Salt, light, love

A sermon delivered at the Solemn Sung Eucharist service of Trinity Cathedral, Cleveland, Ohio. The propers are for the Fifth Sunday after the Epiphany

_______________

You are the salt of the earth; … You are the light of the world.

What do salt and light have in common? Each of them works to enhance everything around them.

Salt is used to bring out the flavour of food, to nourish the earth, to melt the ice beneath our feet or our car tires; it has many uses, and each of them draws focus from the salt itself to the environment which it is improving and healing. Salt dissolved in water is an antiseptic and a balm. In one of the stories from the law and the prophets, Elisha casts salt into the stream near Jericho and the water is cleansed and the land that it irrigates begins to produce good food after a long period of famine (2 Kings 2:19-22).

Light, likewise, illuminates not itself but the space around it, and the faces, those images of God dimly revealed and deeply shadowed. Looking into the light itself may be contraindicated: never look directly at the sun; even reflected off cold snow, it can be blinding. But without it, we are lost. A candle set upon a lampstand sheds light upon the room in which it stands: the people, the well-seasoned food, the furniture, so that you don’t stub your toe on the lampstand, or the bushel in the corner.

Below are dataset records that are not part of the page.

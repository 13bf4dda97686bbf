-- ===== src/Mutex/Spin/Tests.antt =====
-- Runs of mutex_prodcons2.c, and the theorems at concrete inputs.
use cs_primer.Prelude.{ℕ, ◌≤◌, ◌<◌, ◌≡◌, List, [], ◌++◌, replicate}
use cs_primer.Threads.{total}
use cs_primer.Threads.Machine.{System, run}
use cs_primer.Mutex.Spin.{Shared, Thread, move, init}
use cs_primer.Mutex.Spin.Inv.{critical}
use cs_primer.Mutex.Spin.Laws.{prodcons2_safe}

-- The consumer polls once in vain, then the producer runs to its end.
abbrev schedule : List ℕ
schedule = replicate 4 1 ++ replicate 20 0 ++ replicate 20 1

abbrev final : System Shared Thread
final = run (move 2) (init 1) schedule

prodcons2_safe_example :
    (total critical final.threads ≤ 1)
    × (final.mem.i ≤ final.mem.nput)
    × (final.mem.nput ≤ 2)
    × ((k : ℕ) → k < final.mem.nput → final.mem.buf k ≡ k)
    × (final.mem.errors ≡ [])
prodcons2_safe_example = prodcons2_safe 1 2 schedule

Salt and light: this service, this outreach, this is their essence. They are vital, and they exist not to their own ends, but are part of God’s marvellous and intricately interwoven plan for the sustaining of God’s creation.

Another thing that salt and light have in common is that they can become dangerous. Salt, if it becomes too concentrated, causes all kinds of chaos, from kidney stones to the lifeless waters of the Dead Sea.

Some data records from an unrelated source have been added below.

-- ===== src/Cap/Redemption.antt =====
-- security/cap/cap.go: the exchange of one challenge, before and after it succeeded.
use servora_platform.Common.{
  ℕ, ◌≤◌, ◌<◌, ◌≡◌, refl, sym, ap, ◌∙◌, subst, Bool, true, false, List, [], Option, none, some,
  arith, if◌then◌else◌, Bool-cases, inl, inr, ◌⊎◌,
}
use servora_platform.Cap.Bytes.{Bytes, ℤ, pos, ltz, ◌-ℤ◌, same, milliseconds}
use servora_platform.Cap.Service.{
  ChallengeClaims, Redis, Codecs, Cap, World, Outcome, ok, err, M, pure, now, when, lift,
  invalid_token, expired_token,
}
use servora_platform.Cap.Keeps.{Keeps-now, Keeps-if, Keeps-pure}
use servora_platform.Cap.Laws.{bind_ok, lift_ok, now_ok}
use servora_platform.Cap.Challenge.{open_token, verify_challenge, to_milliseconds}
use servora_platform.Cap.Redeem
use servora_platform.Cap.Redeem.{
  RedeemResponse, failed, success, Message, check_proof, issue_token, redeem_proof, redeem_claims,
  redeem_challenge_with_scope,
}
use servora_platform.Cap.Replay.{Keeps-issue_token, Keeps-verify}
use servora_platform.Cap.Calls.{Call, run, Keeps-run}
use servora_platform.Cap.Once.{
  is_success, far, remaining_positive, remaining_some, Keeps-ok, Guards, Guards-pass, Guards-nonce,
  Guards-token, Guards-delete, issue_token_ok, issue_token_refused,
}

module _ (codecs : Codecs) (cap : Cap) (redis : Redis) where
  verify_ok :
      (token : Bytes) (w : World redis.State) {v : World redis.State}
      {opened : ChallengeClaims × Bytes}
      → verify_challenge codecs cap redis token w ≡ ok opened v
      → open_token codecs cap token ≡ some opened
  unfolding verify_challenge
  verify_ok token w h =
      let (o, u, first, rest) = bind_ok (lift invalid_token (open_token codecs cap token)) _ w h in
      let (t, x, read, last) = bind_ok (now redis) _ u rest in
      let (_, y, checked, end) =
        bind_ok (when (ltz o.0.expires (pos t)) expired_token) (λ _. pure o) x last in
      (lift_ok invalid_token (open_token codecs cap token) w first).0 ∙ ap some (opened_eq end)
    where
      opened_eq :
          {a b : ChallengeClaims × Bytes} {u v : World redis.State}
          → ◌≡◌ {A = Outcome redis.State (ChallengeClaims × Bytes)} (ok a u) (ok b v)
          → a ≡ b
      opened_eq e = cc

  Passed : Bytes → World redis.State → RedeemResponse → World redis.State → Type 0
  Passed token w r v =
      (opened : ChallengeClaims × Bytes) × (u : World redis.State) × (verify_challenge codecs cap
          redis token w
        ≡ ok opened u)
      × (redeem_proof codecs cap redis opened.0 opened.1 u ≡ ok r v)

  module _ (token : Bytes) where
    checked_cases :
        (proceed : M redis.State RedeemResponse) (o : Option Message) (u : World redis.State)
        {v : World redis.State} {r : RedeemResponse}
        → Redeem.answer_check codecs cap redis proceed o u ≡ ok r v
        → (is_success r ≡ false) ⊎ (proceed u ≡ ok r v)
    unfolding is_success
    checked_cases proceed none u h = inr h
    checked_cases proceed (some m) u h = inl (cc)

    verified_cases :
        (solutions : List ℤ) (scope : Bytes) (w : World redis.State)
        (o : Outcome redis.State (ChallengeClaims × Bytes)) {v : World redis.State}
        {r : RedeemResponse}
        → verify_challenge codecs cap redis token w ≡ o
        → Redeem.or_failed codecs cap redis (redeem_claims codecs cap redis token solutions scope) o
          ≡ ok r v
        → (is_success r ≡ false) ⊎ Passed token w r v
    unfolding is_success redeem_claims Passed
    verified_cases solutions scope w (err e u) q h = inl (cc)
    verified_cases solutions scope w (ok (claims, sig) u) q h =
        elim (checked_cases _ (check_proof codecs cap token solutions scope claims) u h) [
          | inl off ↦ inl off
          | inr on ↦ inr ((claims, sig), u, q, on)
        ]

    redeem_cases :
        (solutions : Option (List ℤ)) (scope : Bytes) (w : World redis.State)
        {v : World redis.State} {r : RedeemResponse}
        → redeem_challenge_with_scope codecs cap redis token solutions scope w ≡ ok r v
        → (is_success r ≡ false) ⊎ Passed token w r v
    unfolding redeem_challenge_with_scope is_success
    redeem_cases none scope w h = inl (cc)
    redeem_cases (some solutions) scope w h = elim (Bool-cases (same token [])) [
      | inl e ↦ inl (empty (rw e at h))
      | inr e ↦ verified_cases solutions scope w _ refl (rw e at h)
    ]
      where
        empty :
            {r : RedeemResponse} {v : World redis.State} {m : Message}
            → ◌≡◌ {A = Outcome redis.State RedeemResponse} (ok (failed m) w) (ok r v)
            → is_success r ≡ false
        empty e = cc

  module _ (claims : ChallengeClaims) (sig : Bytes) (exp : ℕ)
      (expires : claims.expires ≡ pos exp) where
    rest_of : ℤ → ℕ → M redis.State RedeemResponse
    rest_of e t =
        let left = milliseconds (e -ℤ pos t) in
        if ltz (pos 0) left
        then issue_token codecs cap redis 3 claims sig (to_milliseconds left)
        else pure (failed Redeem.challenge_invalid_or_expired)

    proof_parts :
        (w : World redis.State) {v : World redis.State} {r : RedeemResponse}
        → redeem_proof codecs cap redis claims sig w ≡ ok r v
        → (t : ℕ) × (u : World redis.State) × (now redis w ≡ ok t u)
          × (u.time ≡ t)
          × (rest_of (pos exp) t u ≡ ok r v)
    unfolding redeem_proof rest_of
    proof_parts w {v} {r} h =
        let (t, u, read, rest) = bind_ok (now redis) _ w h in
        (t, u, read, now_ok redis w read, subst (λ e. rest_of e t u ≡ ok r v) expires rest)

    rest_cases :
        (t ttl : ℕ) (b : Bool) (u : World redis.State) {v : World redis.State} {r : RedeemResponse}
        → (if b
              then issue_token codecs cap redis 3 claims sig ttl
              else pure (failed Redeem.challenge_invalid_or_expired))
            u
          ≡ ok r v
        → (is_success r ≡ false)
          ⊎ ((b ≡ true) × (issue_token codecs cap redis 3 claims sig ttl u ≡ ok r v))
    unfolding is_success
    rest_cases t ttl true u h = inr (refl, h)
    rest_cases t ttl false u h = inl (cc)

    clash : {b : Bool} → b ≡ true → b ≡ false → ⊥
    clash e f = cc

    rest_ok :
        (t : ℕ) (u : World redis.State) {v : World redis.State} {r : RedeemResponse}
        → exp < far
        → u.time ≡ t
        → rest_of (pos exp) t u ≡ ok r v
        → is_success r ≡ true
        → Guards codecs cap redis sig exp v.time v.store
    unfolding rest_of
    rest_ok t u near at_t h good = elim (rest_cases t _ _ u h) [
      | inl bad ↦ absurd (clash good bad)
      | inr (_, went) ↦
          issue_token_ok codecs cap redis sig exp claims _ 3 u
            (omega (arith, at_t, remaining_positive exp t near)) went good
    ]

    proof_ok :
        (w : World redis.State) {v : World redis.State} {r : RedeemResponse}
        → exp < far
        → redeem_proof codecs cap redis claims sig w ≡ ok r v
        → is_success r ≡ true
        → Guards codecs cap redis sig exp v.time v.store
    proof_ok w near h good =
        let (t, u, read, at_t, rest) = proof_parts w h in rest_ok t u near at_t rest good

    rest_refused :
        (t : ℕ) (u : World redis.State) {v : World redis.State} {r : RedeemResponse}
        → t < far
        → u.time ≡ t
        → Guards codecs cap redis sig exp u.time u.store
        → rest_of (pos exp) t u ≡ ok r v
        → is_success r ≡ false
    unfolding rest_of
    rest_refused t u near at_t guarded h = elim (rest_cases t _ _ u h) [
      | inl bad ↦ bad
      | inr (positive, went) ↦
          issue_token_refused codecs cap redis sig exp claims _ 3 u
            (omega (arith, at_t, remaining_some exp t near positive)) guarded went
    ]

    rest-monotone :
        (t : ℕ) (u : World redis.State) {v : World redis.State} {r : RedeemResponse}
        → rest_of (pos exp) t u ≡ ok r v
        → u.time ≤ v.time
    unfolding rest_of
    rest-monotone t u h =
        Keeps-ok {H = λ x s. u.time ≤ x}
          (Keeps-if _ _ _
            (Keeps-issue_token codecs cap redis _ (λ x d s le. omega (arith, le))
              (λ _ _ _ _ _ le. le) (λ _ _ _ _ _ _ le. le) 3 claims sig _)
            (Keeps-pure _))
          u (omega arith) h

    proof_refused :
        (w : World redis.State) {v : World redis.State} {r : RedeemResponse}
        → v.time < far
        → Guards codecs cap redis sig exp w.time w.store
        → redeem_proof codecs cap redis claims sig w ≡ ok r v
        → is_success r ≡ false
    proof_refused w near guarded h =
        let (t, u, read, at_t, rest) = proof_parts w h in
        rest_refused t u (omega (arith, rest-monotone t u rest, at_t, near)) at_t
          (Keeps-ok {H = Guards codecs cap redis sig exp}
            (Keeps-now redis _ (Guards-pass codecs cap redis sig exp)) w guarded read)
          rest

  -- The exchange that passed the checks is of the claims that the token opens to.
  Passed-proof :
      (token : Bytes) (claims : ChallengeClaims) (sig : Bytes) (w v : World redis.State)
      (r : RedeemResponse)
      → open_token codecs cap token ≡ some (claims, sig)
      → Passed token w r v
      → (u : World redis.State) × (verify_challenge codecs cap redis token w ≡ ok (claims, sig) u)
        × (redeem_proof codecs cap redis claims sig u ≡ ok r v)
  unfolding Passed
  Passed-proof token claims sig w v r opens (opened, u, verified, proof) =
      let same_opened = opened_eq (sym (verify_ok token w verified) ∙ opens) in
      (
        u,
        subst (λ o. verify_challenge codecs cap redis token w ≡ ok o u) same_opened verified,
        subst (λ (o : ChallengeClaims × Bytes). redeem_proof codecs cap redis o.0 o.1 u ≡ ok r v)
            same_opened proof,
      )
    where
      opened_eq :
          {a b : ChallengeClaims × Bytes}
          → ◌≡◌ {A = Option (ChallengeClaims × Bytes)} (some a) (some b)
          → a ≡ b
      opened_eq e = cc

  -- A challenge that expires before the year 2248, once exchanged for a verification token, is never
  -- exchanged again by any call that ends before that year, whatever calls come between.
  pub redeem_challenge_once :
      (token : Bytes) (claims : ChallengeClaims) (sig : Bytes) (exp : ℕ)
      (solutions solutions' : Option (List ℤ)) (scope scope' : Bytes) (between : List Call)
      (w v x : World redis.State) {first later : RedeemResponse}
      → open_token codecs cap token ≡ some (claims, sig)
      → claims.expires ≡ pos exp
      → exp < far
      → redeem_challenge_with_scope codecs cap redis token solutions scope w ≡ ok first v
      → is_success first ≡ true
      → redeem_challenge_with_scope codecs cap redis token solutions' scope'
          (run codecs cap redis between v)
        ≡ ok later x
      → x.time < far
      → is_success later ≡ false
  redeem_challenge_once token claims sig exp solutions solutions' scope scope' between w v x {first}
        {later} opens expires near returned good again late =
      elim (redeem_cases token solutions scope w returned) [
        | inl bad ↦ absurd (clash good bad)
        | inr passed ↦
            let (u, _, proof) = Passed-proof token claims sig w v first opens passed in
            elim (redeem_cases token solutions' scope' (run codecs cap redis between v) again) [
              | inl bad ↦ bad
              | inr passed' ↦
                  let (u', verified, proof') =
                    Passed-proof token claims sig _ x later opens passed' in
                  proof_refused claims sig exp expires u' late
                    (Keeps-ok {H = Guards codecs cap redis sig exp}
                      (Keeps-verify codecs cap redis _ (Guards-pass codecs cap redis sig exp)
                        (Guards-nonce codecs cap redis sig exp)
                        (Guards-token codecs cap redis sig exp) token)
                      (run codecs cap redis between v)
                      (Keeps-run codecs cap redis (Guards codecs cap redis sig exp)
                        (Guards-pass codecs cap redis sig exp)
                        (Guards-nonce codecs cap redis sig exp)
                        (Guards-token codecs cap redis sig exp)
                        (Guards-delete codecs cap redis sig exp) between v
                        (proof_ok claims sig exp expires u near proof good))
                      verified)
                    proof'
            ]
      ]
    where
      clash : {b : Bool} → b ≡ true → b ≡ false → ⊥
      clash e f = cc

And in the example that Jesus gives, hiding a light under a bushel is not only counterproductive, but it’s really quite risky. If you put a candle or an oil lamp under a rush basket you are asking to burn down the entire house. If you set it under a ceramic bowl, it will consume all of the oxygen surrounding it before it burns out; it may even crack the bowl with its heat as huffs up all of the available air.

The light cannot exist only unto itself, or things will begin to go awry.

You are the salt of the earth; you are the light of the world. Jesus is telling his disciples something about our essence, the ideas that God had about us when we were created. That we were not meant to be and live only for ourselves, but made in the image of God, to point one another back toward the source of our life and all that is beloved.

Jesus goes on to say that he has come to fulfill the law and the prophets. And how does he sum them up, when he is asked later by a lawyer? “You shall love the Lord your God with all your heart, and with all your soul, and with all your mind … You shall love your neighbour as yourself. One these two commandments hang all the law and the prophets.” (Matthew 22:34-40)

To quote our Presiding Bishop, if it’s not about love, it’s not about God.

Love, salt, and light: none of them is designed to serve itself. Each of them is essential to the order that God has created. Salt does not lose its saltiness when it is used to flavour our food. Light is not exhausted by its shining. Love does not run out.

But if salt has lost its saltiness, Jesus warns, then it is worth nothing. If we forget that even our righteousness is not ours to keep or to hoard, but it is to do justice, to love mercy, to walk humbly with our God (Micah 6:8), as we heard last Sunday – if we for a moment think that our righteousness is ours to keep, then we have lost our way.

No: like salt, like light, like love, it is ours to spend. As salt, we can make a difference for someone slipping on thin ice; as light, give hope and a hand to someone who is lost and afraid of the dark. It is our righteousness, if we understand ourselves to be disciples of Jesus, salt of the earth and light for the world it is our call to right the wrongs of injustice, to free the oppressed and the tormented, to heal the bruised, to bring the dead to life (Matthew 10:7-8). To bring the dead to life: to say their names.

We may say, but I am only a little pinch of salt, a modest candle.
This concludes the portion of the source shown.